# COMP30760 ASSIGNMENT 1 - TASK 1 - 18439746 - Matthew O'Donnell
In this assignment we will collect detailed channel, video and playlist data from the Youtube Data API v3 for five different youtube channels (BT Sport, Fox Sports, Google Analytics, Marvel HQ, Netflix Futures).
This notebook covers Task 1 - Data Collection

In [167]:
import json, requests, urllib
from pathlib import Path
from datetime import datetime
import pandas as pd
import matplotlib
import matplotlib.pyplot as plt
%matplotlib inline

Settings for the Youtube API and our Data Collection

In [168]:
# API Key
api_key = "AIzaSyAL-IoAeDByzMkpWOFinuRWq0Izc0B8zS4"
# Prefix for our API URLs
api_prefix = "https://www.googleapis.com/youtube/v3"
# The names of the Youtube channels we would like to analyse
channel_names = ["BT Sport", "Fox Sports", "Google Analytics", "Marvel HQ", "Netflix Futures"]
# The channel ID's for each of these Youtube channels
channel_ids = {"BT Sport":"UC4i_9WvfPRTuRWEaWyfKuFw", "Fox Sports":"UCwNqHDsnBCKT-olwJwIFyfg",
                    "Google Analytics":"UCJ5UyIAa5nEGksjcdp43Ixw", "Marvel HQ":"UCxwitsUVNzwS5XBSC5UQV8Q",
                    "Netflix Futures":"UCpInjhuJ1WUekcFeXPPyGGg"}

Create a directory for raw data storage if one does not already exist

In [169]:
dir_raw = Path("raw")
dir_raw.mkdir(parents=True, exist_ok=True)

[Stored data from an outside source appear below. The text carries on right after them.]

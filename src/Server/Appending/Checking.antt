-- ===== src/Server/Appending/Checking.antt =====
-- The check of the previous entry.
use cpp_raft.Base.{
  length, get_elem?, take, length-take_le, ℤ, ◌+ℤ◌, eqb_ℤ, ne→eqb_ℤ, +ℤ-pos, pos, negsuc, ℕ, suc,
  ◌<◌, ◌≡◌, ap, ◌∙◌, ◌≢◌, ◌⊎◌, inl, inr, true, false, some, arith,
}
use native.Mathlib.Numerals.{add-one}
use cpp_raft.Outcome
use cpp_raft.Msg.{RaftEntry, MsgAppendEntries}
use cpp_raft.Log.{log_get_from_idx, log_delete}
use cpp_raft.Log.Laws.{get_from_idx-ok, get_from_idx-beyond, get_from_idx-neg, delete-ok}
use cpp_raft.Server.State.{Server, returns}
use cpp_raft.Server.Applying.Progress.{IndexMatches}
use cpp_raft.Server.Appending.{check_prev}

-- A previous entry that the log has, with the term that the message says, is kept together with
-- all before it, and what follows it is deleted, whether it conflicts or not.
pub check-match :
    (ae : MsgAppendEntries) (s : Server) (i : ℕ) {e : RaftEntry}
    → ae.prev_log_idx ≡ pos (suc i)
    → i < length s.log
    → get_elem? s.log i ≡ some e
    → e.term ≡ ae.prev_log_term
    → check_prev ae s ≡ returns true (record s { log = take (suc i) s.log })
unfolding check_prev
check-match ae s i {e} h lt p same =
    let got : log_get_from_idx s.log ae.prev_log_idx ≡ Outcome.ok e =
      ap (log_get_from_idx s.log) h ∙ get_from_idx-ok s.log i lt p in
    let cut : log_delete s.log (ae.prev_log_idx +ℤ pos 1) ≡ Outcome.ok (take (suc i) s.log) =
      ap (λ (j : ℤ). log_delete s.log (j +ℤ pos 1)) h
      ∙ rw (+ℤ-pos, add-one) (delete-ok s.log (suc i) (omega arith)) in
    let eq : eqb_ℤ e.term ae.prev_log_term ≡ true = rw same (ground arith) in
    rw (check_prev, got, eq, cut)

-- Another term at that place is refused, and the log stays.
pub check-mismatch :
    (ae : MsgAppendEntries) (s : Server) (i : ℕ) {e : RaftEntry}
    → ae.prev_log_idx ≡ pos (suc i)
    → i < length s.log
    → get_elem? s.log i ≡ some e
    → e.term ≢ ae.prev_log_term
    → check_prev ae s ≡ returns false s
unfolding check_prev
check-mismatch ae s i {e} h lt p differs =
    let got : log_get_from_idx s.log ae.prev_log_idx ≡ Outcome.ok e =
      ap (log_get_from_idx s.log) h ∙ get_from_idx-ok s.log i lt p in
    rw (check_prev, got, ne→eqb_ℤ e.term ae.prev_log_term differs)

-- So is a previous index behind the log, or below 0.
pub check-beyond :
    (ae : MsgAppendEntries) (s : Server) (i : ℕ)
    → (ae.prev_log_idx ≡ negsuc i) ⊎ ((ae.prev_log_idx ≡ pos i) × (length s.log < i))
    → check_prev ae s ≡ returns false s
unfolding check_prev
check-beyond ae s i (inl h) =
    rw (check_prev, ap (log_get_from_idx s.log) h, get_from_idx-neg s.log i)
check-beyond ae s i (inr (h, lt)) =
    rw (check_prev, ap (log_get_from_idx s.log) h, get_from_idx-beyond s.log i lt)

-- Deleting does not move the current index: if it was one past the number of entries, and the
-- previous entry of an accepted message is not the last, it is so no more.
pub check_breaks_index :
    (ae : MsgAppendEntries) (s : Server) (i : ℕ) {e : RaftEntry}
    → IndexMatches s
    → ae.prev_log_idx ≡ pos (suc i)
    → suc i < length s.log
    → get_elem? s.log i ≡ some e
    → e.term ≡ ae.prev_log_term
    → (t : Server) × (check_prev ae s ≡ returns true t) × (¬ IndexMatches t)
check_breaks_index ae s i m h lt p same = (
  record s { log = take (suc i) s.log },
  check-match ae s i h (omega arith) p same,
  λ n.
      let short : length (take (suc i) s.log) ≡ suc i =
        length-take_le (suc i) s.log (omega arith) in
      ground (arith, short),
)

We define a fetch function for retrieving data from our Youtube API

In [170]:
def fetch(endpoint, params={}):
    # construct the url
    url = api_prefix
    if not endpoint.startswith("/"):
        url += "/"
    url += endpoint
    (api_prefix, endpoint)
    params["key"] = api_key
    url += "?" + urllib.parse.urlencode(params)
    print("Fetching %s" % url)
    # fetch the page
    response = requests.get(url)
    jdata = response.text
    return json.loads(jdata)

Youtube associates a unique etag and id with every channel. We will test our fetch function by finding the etags of each of our channels

In [171]:
channel_metadata = {}
channel_etags = {}
for channel_name in channel_names:
    channel_data = fetch("/channels", {"id":channel_ids[channel_name], "part": 'snippet,statistics'})
    for result in channel_data['items']:
        if result["id"] == channel_ids[channel_name]:
            print("Found match for %s: Etag=%s Type=%s" % (channel_name, result["etag"], result["kind"]))
            channel_metadata[channel_name] = result 
            channel_etags[channel_name] = result["etag"]
            break
print("Found etags for %d channels" % len(channel_etags))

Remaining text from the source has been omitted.